5.1 Output state vector allocation

For each encoded sample, QDP allocates a state vector of size $2^n$. Memory usage grows exponentially:

complex128 uses 16 bytes per element
rough output size (single sample) is:
- $2^n \times 16$ bytes for complex128
- $2^n \times 8$ bytes for complex64

QDP performs pre-flight checks before large allocations to fail fast with an OOM-aware message (e.g., suggesting smaller num_qubits or batch size).

5.2 Pinned host memory and streaming pipelines

For high-throughput IO → GPU workflows (especially streaming from Parquet), QDP uses:

Pinned host buffers (page-locked memory) to speed up host↔device transfers.
Double buffering (ping-pong) so one buffer can be filled while another is being processed.
Device staging buffers (for streaming) so that copies and compute can overlap.

Streaming Parquet encoding is implemented as a producer/consumer pipeline:

a background IO thread reads chunks into pinned host buffers
the GPU side processes each chunk while IO continues

In the current implementation, streaming Parquet supports:

"amplitude"
"basis"

("angle" is not supported for streaming yet.)

5.3 Asynchronous copy/compute overlap (dual streams)

For large workloads, QDP uses multiple CUDA streams and CUDA events to overlap:

H2D copies (copy stream)
kernel execution (compute stream)

This reduces time spent waiting on PCIe transfers and can improve throughput substantially for large batches.

6. DLPack zero-copy integration

QDP exposes results using the DLPack protocol, which allows frameworks like PyTorch to consume GPU memory without copying.

Conceptually:

Rust allocates GPU memory for the state vector.
Rust wraps it into a DLPack DLManagedTensor.
Python returns an object that implements __dlpack__.
PyTorch calls torch.from_dlpack(qtensor) and takes ownership via DLPack’s deleter.

Important details:

The returned DLPack capsule is single-consume (can only be used once). This prevents double-free bugs.
Memory lifetime is managed safely via reference counting on the Rust side, and freed by the DLPack deleter when the consumer releases it.
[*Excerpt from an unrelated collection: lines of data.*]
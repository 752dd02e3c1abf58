-- ===== src/Protobuf/Scan.antt =====
-- include/cloudevents/format/protobuf_format.hpp: the wire message with nothing checked beyond its
-- structure, from `read_entry` to `scan_event`.
use cloudevents_sdk_cpp.Base.{
  ℕ, zero, suc, ◌+◌, Bool, false, not, ◌&&◌, ◌||◌, none, [], ◌∷◌, Bytes, codes, ltb, leb, ◌==◌,
  within, if◌then◌else◌,
}
use cloudevents_sdk_cpp.Errors.{Errc, Result, ok, fail, ◌>>=◌}
use cloudevents_sdk_cpp.Wire.{read_text}
use cloudevents_sdk_cpp.Maps.{Map, insert_or_assign}
use cloudevents_sdk_cpp.Protobuf.{Field, for_each_field}
use cloudevents_sdk_cpp.Protobuf.Value.{Arm, read_value, is_length_delimited}

pub record DecodeOptions : Type 0 where
  pub max_encoded_size : ℕ
  pub max_attribute_count : ℕ
  pub max_batch_event_count : ℕ

abbrev pub default_options : DecodeOptions
default_options = record {
  max_encoded_size = 16777216;
  max_attribute_count = 1024;
  max_batch_event_count = 100000;
}

-- `attribute_map`
abbrev pub AttributeMap : Type 0
AttributeMap = Map Arm

abbrev pub key_field : ℕ
key_field = 1

abbrev pub value_field : ℕ
value_field = 2

-- the lambda of `read_entry`, on the key and the value read so far
abbrev pub entry_visit : Field → Bytes × Arm → Result (Bytes × Arm)
entry_visit current (key, value) =
    if not (is_length_delimited current.kind)
    then ok (key, value)
    else if current.number == key_field
    then (do text ← read_text current.body; ok (text, value))
    else if current.number == value_field
    then (do read ← read_value current.body; ok (key, read))
    else ok (key, value)

unfoldable pub read_entry : Bytes → AttributeMap → Result AttributeMap
read_entry body attributes = do
  entry ← for_each_field entry_visit ([], none) body
  ok (insert_or_assign attributes entry.0 entry.1)

pub data DataField : Type 0 where
  absent binary_field text_field proto_field : DataField

pub record RawEvent : Type 0 where
  pub id : Bytes
  pub source : Bytes
  pub version : Bytes
  pub type : Bytes
  pub attributes : AttributeMap
  pub attribute_entries : ℕ
  pub data_kind : DataField
  pub payload : Bytes
  pub type_url : Bytes

abbrev pub nothing_found : RawEvent
nothing_found = record {
  id = [];
  source = [];
  version = [];
  type = [];
  attributes = [];
  attribute_entries = 0;
  data_kind = absent;
  payload = [];
  type_url = [];
}

abbrev pub is_ascii_alphanumeric : ℕ → Bool
is_ascii_alphanumeric c = within b'a' b'z' c || within b'A' b'Z' c || within b'0' b'9' c

abbrev pub is_hex_digit : ℕ → Bool
is_hex_digit c = within b'0' b'9' c || within b'a' b'f' c || within b'A' b'F' c

abbrev pub contains_byte : Bytes → ℕ → Bool
contains_byte [] c = false
contains_byte (x ∷ xs) c = x == c || contains_byte xs c

abbrev pub uri_punctuation : Bytes
uri_punctuation = codes "-._~:/?#[]@!$&'()*+,;="

abbrev pub count_byte : ℕ → Bytes → ℕ
count_byte c [] = 0
count_byte c (x ∷ xs) = if x == c then count_byte c xs + 1 else count_byte c xs

-- The loop of `valid_uri_reference`: whether it runs through, with no escape digits due at the end.
unfoldable pub uri_loop : ℕ → Bytes → Bool
uri_loop due [] = due == 0
uri_loop (suc due) (c ∷ text) = is_hex_digit c && uri_loop due text
uri_loop zero (c ∷ text) =
    let escape = uri_loop 2 text in
    let plain = uri_loop 0 text in
    if c == b'%'
    then escape
    else if not (is_ascii_alphanumeric c) && not (contains_byte uri_punctuation c)
    then false
    else plain

unfoldable pub valid_uri_reference : Bytes → Bool
valid_uri_reference text = uri_loop 0 text && leb (count_byte b'#' text) 1

-- the numbers of `event_field`
abbrev pub id_field : ℕ
id_field = 1

abbrev pub source_field : ℕ
source_field = 2

abbrev pub spec_version_field : ℕ
spec_version_field = 3

abbrev pub type_field : ℕ
type_field = 4

abbrev pub attributes_field : ℕ
attributes_field = 5

abbrev pub binary_data_field : ℕ
binary_data_field = 6

abbrev pub text_data_field : ℕ
text_data_field = 7

abbrev pub proto_data_field : ℕ
proto_data_field = 8

abbrev pub type_url_field : ℕ
type_url_field = 1

abbrev pub any_value_field : ℕ
any_value_field = 2

unfoldable pub store_required : Field → RawEvent → Result RawEvent
store_required current into = do
  text ← read_text current.body
  ok (
      if current.number == id_field
      then record into { id = text }
      else if current.number == source_field
      then record into { source = text }
      else if current.number == spec_version_field
      then record into { version = text }
      else record into { type = text })

unfoldable pub store_attribute_entry : DecodeOptions → Field → RawEvent → Result RawEvent
store_attribute_entry options current into =
    if ltb options.max_attribute_count (into.attribute_entries + 1)
    then fail Errc.out_of_range "the event has more attributes than the limit allows" []
    else (do
      attributes ← read_entry current.body into.attributes
      ok (record into { attributes = attributes; attribute_entries = into.attribute_entries + 1 }))

-- the lambda of `store_any`, on the type URL and the value read so far
abbrev pub any_visit : Field → Bytes × Bytes → Result (Bytes × Bytes)
any_visit current (type_url, value) =
    if not (is_length_delimited current.kind)
    then ok (type_url, value)
    else if current.number == any_value_field
    then ok (type_url, current.body)
    else if current.number == type_url_field
    then (do text ← read_text current.body; ok (text, value))
    else ok (type_url, value)

abbrev pub store_checked_any : RawEvent → Bytes × Bytes → Result RawEvent
store_checked_any into (type_url, value) =
    if not (valid_uri_reference type_url)
    then fail Errc.parse_error "the Any type URL is not a URI-reference" (codes "proto_data")
    else ok (record into { type_url = type_url; payload = value })

unfoldable pub store_any : Bytes → RawEvent → Result RawEvent
store_any body into = do any ← for_each_field any_visit ([], []) body; store_checked_any into any

unfoldable pub store_data : Field → RawEvent → Result RawEvent
store_data current into =
    let held = record into { type_url = []; payload = current.body } in
    if current.number == binary_data_field
    then ok (record held { data_kind = binary_field })
    else if current.number == proto_data_field
    then store_any current.body (record held { data_kind = proto_field })
    else (do _ ← read_text current.body; ok (record held { data_kind = text_field }))

unfoldable pub store_field : DecodeOptions → Field → RawEvent → Result RawEvent
store_field options current into =
    if not (is_length_delimited current.kind)
    then ok into
    else if leb current.number type_field
    then store_required current into
    else if current.number == attributes_field
    then store_attribute_entry options current into
    else if leb current.number proto_data_field
    then store_data current into
    else ok into

unfoldable pub scan_event : DecodeOptions → Bytes → Result RawEvent
scan_event options body = for_each_field (store_field options) nothing_found body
7. Performance characteristics and practical guidance

7.1 What makes QDP fast

GPU kernels replace circuit-based state preparation for the supported encodings.
Batch APIs reduce allocation and kernel launch overhead.
Streaming pipelines overlap IO and GPU compute.
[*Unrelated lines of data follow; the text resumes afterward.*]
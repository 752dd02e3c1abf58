-- ===== src/Protobuf/Decode.antt =====
-- include/cloudevents/format/protobuf_format.hpp: the event of a scanned message, from
-- `text_of_string_arm` to `parse_json_payload`, and the decoding members of `protobuf_format`.
use cloudevents_sdk_cpp.Base.{
  not, ◌||◌, Option, none, some, List, [], ◌∷◌, ◌++◌, Bytes, codes, length, same, ltb, leb, ◌==◌,
  if◌then◌else◌,
}
use cloudevents_sdk_cpp.Errors.{Errc, Result, ok, fail, forward_failure, ◌>>=◌}
use cloudevents_sdk_cpp.Maps.{insert_or_assign}
use cloudevents_sdk_cpp.Platform.{Platform}
use cloudevents_sdk_cpp.Timestamp.{Timestamp}
use cloudevents_sdk_cpp.Attributes.{
  Policy, id_policy, source_policy, type_policy, subject_policy, dataschema_policy,
  datacontenttype_policy, extension_name_policy, make, store_attribute, make_spec_version,
  is_json_content_type,
}
use cloudevents_sdk_cpp.Event.{
  AttributeValue, string, uri, uri_ref, instant, DataT, Options, Event, no_options, build,
}
use cloudevents_sdk_cpp.Protobuf.{Field, for_each_field}
use cloudevents_sdk_cpp.Protobuf.Value.{Arm, is_length_delimited}
use cloudevents_sdk_cpp.Protobuf.Scan.{DecodeOptions, AttributeMap, DataField, RawEvent, scan_event}

abbrev pub text_of_string_arm : AttributeValue → Option Bytes
text_of_string_arm (string text) = some text
text_of_string_arm _ = none

abbrev pub text_of_uri_arm : AttributeValue → Option Bytes
text_of_uri_arm (uri absolute) = some absolute
text_of_uri_arm (uri_ref reference) = some reference
text_of_uri_arm _ = none

abbrev pub store_text : Policy → Option Bytes → Bytes → Result (Option Bytes)
store_text policy none name =
    fail Errc.type_mismatch "the attribute is carried in the wrong arm of its value" name
store_text policy (some text) name = store_attribute policy text

abbrev pub store_time : AttributeValue → Result (Option Timestamp)
store_time (instant value) = ok (some value)
store_time _ =
    fail Errc.type_mismatch "time is carried in the wrong arm of its value" (codes "time")

abbrev pub or_protobuf : Option Bytes → Option Bytes
or_protobuf none = some (codes "application/protobuf")
or_protobuf (some media_type) = some media_type

-- the dataschema, filled from the type URL when it is missing and there is one
abbrev pub schema_or_url : Option Bytes → Bytes → Result (Option Bytes)
schema_or_url (some schema) type_url = ok (some schema)
schema_or_url none [] = ok none
schema_or_url none (c ∷ cs) = do schema ← make dataschema_policy (c ∷ cs); ok (some schema)

module _ {P : Platform} where
  abbrev pub store_extension : Bytes → AttributeValue → Options P → Result (Options P)
  store_extension name value into = do
    attribute ← forward_failure (make (extension_name_policy P) name) name
    ok (record into { extensions = insert_or_assign into.extensions attribute value })

  unfoldable pub apply_attribute : Bytes → AttributeValue → Options P → Result (Options P)
  apply_attribute name value into =
      if same name (codes "datacontenttype")
      then (do
        slot ← store_text (datacontenttype_policy P) (text_of_string_arm value) name
        ok (record into { datacontenttype = slot }))
      else if same name (codes "dataschema")
      then (do
        slot ← store_text dataschema_policy (text_of_uri_arm value) name
        ok (record into { dataschema = slot }))
      else if same name (codes "subject")
      then (do
        slot ← store_text subject_policy (text_of_string_arm value) name
        ok (record into { subject = slot }))
      else if same name (codes "time")
      then (do slot ← store_time value; ok (record into { time = slot }))
      else store_extension name value into

  abbrev pub apply_arm : Bytes → Arm → Options P → Result (Options P)
  apply_arm name none into =
      fail Errc.invalid_attribute_value "an attribute value has no arm set" name
  apply_arm name (some value) into = apply_attribute name value into

  unfoldable pub apply_attributes : AttributeMap → Options P → Result (Options P)
  apply_attributes [] into = ok into
  apply_attributes (e ∷ es) into = do applied ← apply_arm e.0 e.1 into; apply_attributes es applied

  unfoldable pub apply_proto_data : RawEvent → Options P → Result (Options P)
  apply_proto_data raw into = do
    schema ← schema_or_url into.dataschema raw.type_url
    ok (record into {
      datacontenttype = or_protobuf into.datacontenttype;
      dataschema = schema;
      payload = DataT.binary_data raw.payload;
    })

  -- an empty `binary_data` field of an event without a media type sets no data
  abbrev pub binary_payload : Bytes → Option Bytes → DataT P → DataT P
  binary_payload [] none held = held
  binary_payload octets media_type held = DataT.binary_data octets

  abbrev pub apply_kind : DataField → RawEvent → Options P → Result (Options P)
  apply_kind DataField.absent raw into = ok into
  apply_kind DataField.text_field raw into =
      ok (record into { payload = DataT.text_data raw.payload })
  apply_kind DataField.binary_field raw into =
      ok (record into { payload = binary_payload raw.payload into.datacontenttype into.payload })
  apply_kind DataField.proto_field raw into = apply_proto_data raw into

  abbrev pub apply_data : RawEvent → Options P → Result (Options P)
  apply_data raw into = apply_kind raw.data_kind raw into

  unfoldable pub build_event : RawEvent → Result (Event P)
  build_event raw = do
    _ ← make_spec_version raw.version
    id ← store_attribute id_policy raw.id
    source ← store_attribute source_policy raw.source
    type ← store_attribute type_policy raw.type
    applied ← apply_attributes raw.attributes no_options
    rest ← apply_data raw applied
    build (record { id = id; source = source; type = type; rest = rest })

unfoldable pub scan_limited : DecodeOptions → Bytes → Result RawEvent
scan_limited options encoded =
    if ltb options.max_encoded_size (length encoded)
    then fail Errc.out_of_range "the encoded event is larger than the limit allows" []
    else scan_event options encoded

-- `protobuf_format::decode`
unfoldable pub decode_event : {P : Platform} → DecodeOptions → Bytes → Result (Event P)
decode_event options encoded = do raw ← scan_limited options encoded; build_event raw

pub record DetailedEvent (P : Platform) : Type 0 where
  pub event : Event P
  pub type_url : Option Bytes

abbrev pub carried_url : DataField → Bytes → Option Bytes
carried_url DataField.proto_field (c ∷ cs) = some (c ∷ cs)
carried_url _ _ = none

-- `protobuf_format::decode_detailed`
unfoldable pub decode_detailed_event :
    {P : Platform} → DecodeOptions → Bytes → Result (DetailedEvent P)
decode_detailed_event options encoded = do
  raw ← scan_limited options encoded
  built ← build_event raw
  ok (record { event = built; type_url = carried_url raw.data_kind raw.type_url })

-- the lambda of `batch_bodies`
abbrev pub batch_visit : DecodeOptions → Field → List Bytes → Result (List Bytes)
batch_visit options current bodies =
    if not (is_length_delimited current.kind) || not (current.number == 1)
    then ok bodies
    else if leb options.max_batch_event_count (length bodies)
    then fail Errc.out_of_range "the batch has more events than the limit allows" []
    else ok (bodies ++ current.body ∷ [])

unfoldable pub batch_bodies : DecodeOptions → Bytes → Result (List Bytes)
batch_bodies options encoded = for_each_field (batch_visit options) [] encoded

unfoldable pub decode_all : {P : Platform} → DecodeOptions → List Bytes → Result (List (Event P))
decode_all options [] = ok []
decode_all options (body ∷ bodies) = do
  decoded ← decode_event options body
  events ← decode_all options bodies
  ok (decoded ∷ events)

-- `protobuf_format::decode_batch`
unfoldable pub decode_events : {P : Platform} → DecodeOptions → Bytes → Result (List (Event P))
decode_events options encoded = do bodies ← batch_bodies options encoded; decode_all options bodies

module _ (P : Platform) where
  abbrev pub json_text_of : DataT P → Option Bytes
  json_text_of (DataT.text_data held) = some held
  json_text_of (DataT.binary_data octets) = some octets
  json_text_of _ = none

  abbrev pub parse_held : Option Bytes → Result (Option P.Document)
  parse_held none = ok none
  parse_held (some text) = do
    parsed ← forward_failure (P.parse_document text) (codes "data")
    ok (some parsed)

  abbrev pub parse_typed : Option Bytes → DataT P → Result (Option P.Document)
  parse_typed none held = ok none
  parse_typed (some media_type) held =
      if is_json_content_type P media_type then parse_held (json_text_of held) else ok none

  abbrev pub parse_json_payload : Event P → Result (Option P.Document)
  parse_json_payload e = parse_typed e.rest.datacontenttype e.rest.payload

  -- `protobuf_format::decode_as`: the event and the parsed payload
  unfoldable pub decode_as : DecodeOptions → Bytes → Result (Event P × Option P.Document)
  decode_as options encoded = do
    read ← decode_event options encoded
    payload ← parse_json_payload read
    ok (read, payload)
7.2 Choosing parameters wisely

Prefer batch encoding when encoding many samples (lower overhead, better GPU utilization).
Keep num_qubits realistic. Output size is $2^n$ and becomes the dominant cost quickly.
Pick the right encoding:
- amplitude: dense real-valued vectors
- basis: discrete indices / categorical states
- angle: planned, not implemented yet in this version

7.3 Profiling

If you need to understand where time is spent (copy vs compute), QDP supports NVTX-based profiling. See qdp/docs/observability/NVTX_USAGE.md.